So long as there are literate young people trudging their way to school every morning, there’s always going to be an appetite for stories asking “what if the educational system, but magical?” That’s exactly the question author Soman Chainani’s The School for Good and Evil and Netflix’s new adaptation of the novel pose. Like all of the books in Chainani’s fairy tale-inspired YA series, Netflix’s The School for Good and Evil both pulls deep from and pokes fun at the magical storybook canon with a tale about the many different forms love can take.
Netflix’s The School for Good and Evil from director Paul Feig tells the story of Agatha (Sofia Wylie) and Sophie (Sophia Anne Caruso), two best friends who, despite being slightly different flavors of misfit, cling to each other fiercely as they live out their days in the small, sleepy town of Gavaldon. Most of Gavaldon’s townsfolk are content to endlessly toil away at their jobs, never thinking too much about how no one ever seems to wander beyond the thick woods surrounding the picturesque village they call home. But for Sophie and Agatha, avid readers who frequent the local book store run by Mrs. Deauville (Patti LuPone), there’s an undeniable appeal to the idea of one day journeying into and beyond the woods if only to see for themselves what’s out there.
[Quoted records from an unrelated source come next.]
-- ===== src/Mmap/Quiet.antt =====
-- Mapping segments and swapping them out leaves the bytes, the offsets and the locks alone.
use skywalking_satellite.Base.{
  ℕ, zero, suc, ◌+◌, ◌-◌, ◌||◌, Bool, true, false, inl, inr, leb, ◌==◌, update, Bool-cases,
}
use skywalking_satellite.Mmap.File.{MmapFile, System}
use skywalking_satellite.Mmap.Outcome.{M, Outcome, ok, err, spin, after, log_error}
use skywalking_satellite.Mmap.State.{Queue, get_index}
use skywalking_satellite.Mmap.Segments.{
  finished, returned, map_segment, unmap_segment, swap_out, swap_pass, swap_loop, do_swap,
  on_insufficient_mem, ensure_room,
}
use skywalking_satellite.Mmap.Kept.{Quiet, Quiet-refl, Quiet-trans, Quiet-mapped}

module _ (F : MmapFile) (os : System) where
  open F use {File}

  map_segment-Quiet : (id : ℕ) (q : Queue File) → Quiet q (map_segment F os id q).1
  unfolding map_segment
  map_segment-Quiet id q = elim (Bool-cases (q.mapped (get_index q id))) [
    | inl e ↦ rw e (Quiet-refl q)
    | inr e ↦ elim (Bool-cases (os.opens (get_index q id))) [
      | inl o ↦
          rw (e, o) (Quiet-mapped q (q.mmap_count + 1) (update q.mapped (get_index q id) true))
      | inr o ↦ rw (e, o) (Quiet-refl q)
    ]
  ]

  pub unmap_segment-Quiet : (id : ℕ) (q : Queue File) → Quiet q (unmap_segment F os id q).1
  unfolding unmap_segment
  unmap_segment-Quiet id q = elim (Bool-cases (q.mapped (get_index q id))) [
    | inr e ↦ rw e (Quiet-refl q)
    | inl e ↦ elim (Bool-cases (os.flushes (get_index q id))) [
      | inr o ↦ rw (e, o) (Quiet-refl q)
      | inl o ↦ elim (Bool-cases (os.unmaps (get_index q id))) [
        | inr u ↦ rw (e, o, u) (Quiet-refl q)
        | inl u ↦
            rw (e, o, u)
              (Quiet-mapped q (q.mmap_count - 1) (update q.mapped (get_index q id) false))
      ]
    ]
  ]

  -- What follows a quiet step, whatever the outcome of the step.
  after-Quiet :
      {A B : Type 0} (f : A → M (Queue File) B) (o : Outcome A) (q s : Queue File)
      → Quiet q s
      → ((a : A) (t : Queue File) → Quiet t (f a t).1)
      → Quiet q (after o s f).1
  after-Quiet f (ok a) q s h k = Quiet-trans h (k a s)
  after-Quiet f (err e) q s h k = h
  after-Quiet f spin q s h k = h

  swap_out-Quiet :
      (w r : ℕ) (c : Bool) (i : ℕ) (q : Queue File) → Quiet q (swap_out F os w r c i q).1
  unfolding swap_out
  swap_out-Quiet w r c i q = elim (Bool-cases ((get_index q i == w) || (get_index q i == r))) [
    | inl e ↦ rw e (Quiet-refl q)
    | inr e ↦ rw e (
        after-Quiet _ (unmap_segment F os i q).0 q (unmap_segment F os i q).1
          (unmap_segment-Quiet i q) (λ _ t. Quiet-refl t))
  ]

  swap_pass-Quiet :
      (n i w r : ℕ) (c : Bool) (q : Queue File) → Quiet q (swap_pass F os n i w r c q).1
  unfolding swap_pass
  swap_pass-Quiet zero i w r c q = Quiet-refl q
  swap_pass-Quiet (suc n) zero w r c q = Quiet-refl q
  swap_pass-Quiet (suc n) (suc i) w r c q =
      after-Quiet _ (swap_out F os w r c i q).0 q (swap_out F os w r c i q).1
        (swap_out-Quiet w r c i q)
        (elim [ returned ↦ (λ t. Quiet-refl t) | finished ↦ swap_pass-Quiet n i w r c ])

  swap_loop-Quiet :
      (fuel l w r : ℕ) (c : Bool) (q : Queue File) → Quiet q (swap_loop F os fuel l w r c q).1
  unfolding swap_loop
  swap_loop-Quiet zero l w r c q = elim (Bool-cases (leb q.max_in_mem_segments q.mmap_count)) [
    | inl e ↦ rw e (Quiet-refl q)
    | inr e ↦ rw e (Quiet-refl q)
  ]
  swap_loop-Quiet (suc fuel) l w r c q =
      elim (Bool-cases (leb q.max_in_mem_segments q.mmap_count)) [
        | inr e ↦ rw e (Quiet-refl q)
        | inl e ↦ rw e (
            after-Quiet _ (swap_pass F os q.max_in_mem_segments l w r c q).0 q
              (swap_pass F os q.max_in_mem_segments l w r c q).1
              (swap_pass-Quiet q.max_in_mem_segments l w r c q)
              (elim [ returned ↦ (λ t. Quiet-refl t) | finished ↦ swap_loop-Quiet fuel l w r c ]))
      ]

  -- Swapping segments out, however it ends, leaves the bytes, the offsets and the locks.
  pub do_swap-Quiet : (fuel : ℕ) (q : Queue File) → Quiet q (do_swap F os fuel q).1
  unfolding do_swap
  do_swap-Quiet fuel q = swap_loop-Quiet fuel _ _ _ _ q

  log_error-Quiet :
      (o : Outcome (Unit {0})) (q s : Queue File) → Quiet q s → Quiet q (log_error o s).1
  log_error-Quiet (ok a) q s h = h
  log_error-Quiet (err e) q s h = h
  log_error-Quiet spin q s h = h

  on_insufficient_mem-Quiet :
      (fuel : ℕ) (q : Queue File) → Quiet q (on_insufficient_mem F os fuel q).1
  unfolding on_insufficient_mem
  on_insufficient_mem-Quiet fuel q = elim (Bool-cases (leb q.max_in_mem_segments q.mmap_count)) [
    | inl e ↦
        rw e
          (log_error-Quiet (do_swap F os fuel q).0 q (do_swap F os fuel q).1 (do_swap-Quiet fuel q))
    | inr e ↦ rw e (Quiet-refl q)
  ]

  pub ensure_room-Quiet : (fuel : ℕ) (q : Queue File) → Quiet q (ensure_room F os fuel q).1
  unfolding ensure_room
  ensure_room-Quiet fuel q = elim (Bool-cases (leb q.max_in_mem_segments q.mmap_count)) [
    | inl e ↦ rw e (on_insufficient_mem-Quiet fuel q)
    | inr e ↦ rw e (Quiet-refl q)
  ]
Though Agatha and Sophie’s shared love of books is yet another thing that their peers look down on them for, it’s also what puts them on the path toward adventure when one of them makes a heartfelt wish not knowing that the School for Good and Evil is always listening.
Netflix’s The School for Good and Evil doesn’t deviate all that largely from the source material, but co-writers Feig and David Magee’s script does feature a handful updates that make the story pop a little bit differently. Most everyone in the Gavaldon of Chainani’s book is generally aware of the existence of magic and how two children from the town seem to disappear under mysterious circumstances every four years. But Agatha and Sophie have no idea what they’re getting into in Netflix’s film when they end up in the Endless Woods one evening and are accosted by an otherworldly monster that carries them off into the night sky.
Many of The School for Good and Evil’s core ideas and plot points will ring more than familiar to anyone who’s picked up a novel about kids enrolling in a magic school, which is likely why Netflix’s movie takes care to gloss over a number of the book’s narrative beats that might make it feel too similar to other YA fantasy franchises. Rather than hammering home what all the School for Good and Evil is from the jump, the film instead tries to impress it upon you with one of its many surprisingly majestic, VFX-heavy sequences that gives you a bird’s-eye view of the institution on the first day of student orientation.
It’s as Agatha, Sophie, and all their new classmates are falling out of the sky into either the School for Good or the School for Evil that The School for Good and Evil starts to feel like it’s genuinely having fun before its story takes an inevitable dark turn. But it’s when the film’s curiously stacked cast of pitch hitters all start to show up in a series of resplendent gowns and suits that you can really see how intent Netflix is on The School for Good and Evil appealing to a broad audience.
Wylie and Caruso are both compelling and magnetic presences on screen as they become fast friends (and enemies) with the children of legendary fairytale heroes and villains. But it’s the slightly unhinged camp of Kerry Washington’s Professor Dovey, Charlize Theron’s Lady Lesso, and Michelle Yeoh’s Professor Anemone that end up stealing the show and selling The School for Good and Evil as a kind of meta-fairy tale about how stifling fairytales tend to be.
While the movie does still largely focus on Sophie’s dismay at being assigned to the School for Evil and Agatha’s trouble fitting in with her uber-feminine roommates in the School for Good, it also takes the time to dig into how much of their education’s being influenced by their teachers’ rivalries. Again, the concept of a magical school’s magical teachers having magical beef with one another isn’t exactly new, and the big mystery involving the School for Good and Evil’s headmaster (Laurence Fishburne) is far too easy to piece together. But there is something very special about the way The School for Good and Evil uses Dovey and Agatha — two of its most prominent Black characters — to expand upon some of the more interesting ideas from Chainani’s book about how we define “goodness” and what kind of people we associate it with.
The School for Good and Evil’s twists probably won’t throw you for all that much of a loop, and its selection of dramatic covers tend to take away more than they add to its legitimately solid action sequences. But even though the movie was clearly made with fans of the books in mind, and it runs just a little too long to be a casual watch, it’s exactly the kind of well-produced, feature-length original project you want to see from Netflix that definitely leaves open the possibility for more installments down the line.
The School for Good and Evil also stars Kit Young, Peter Serafinowicz, Cate Blanchett, Rob Delaney, and Rachel Bloom. The film hits Netflix on October 19th.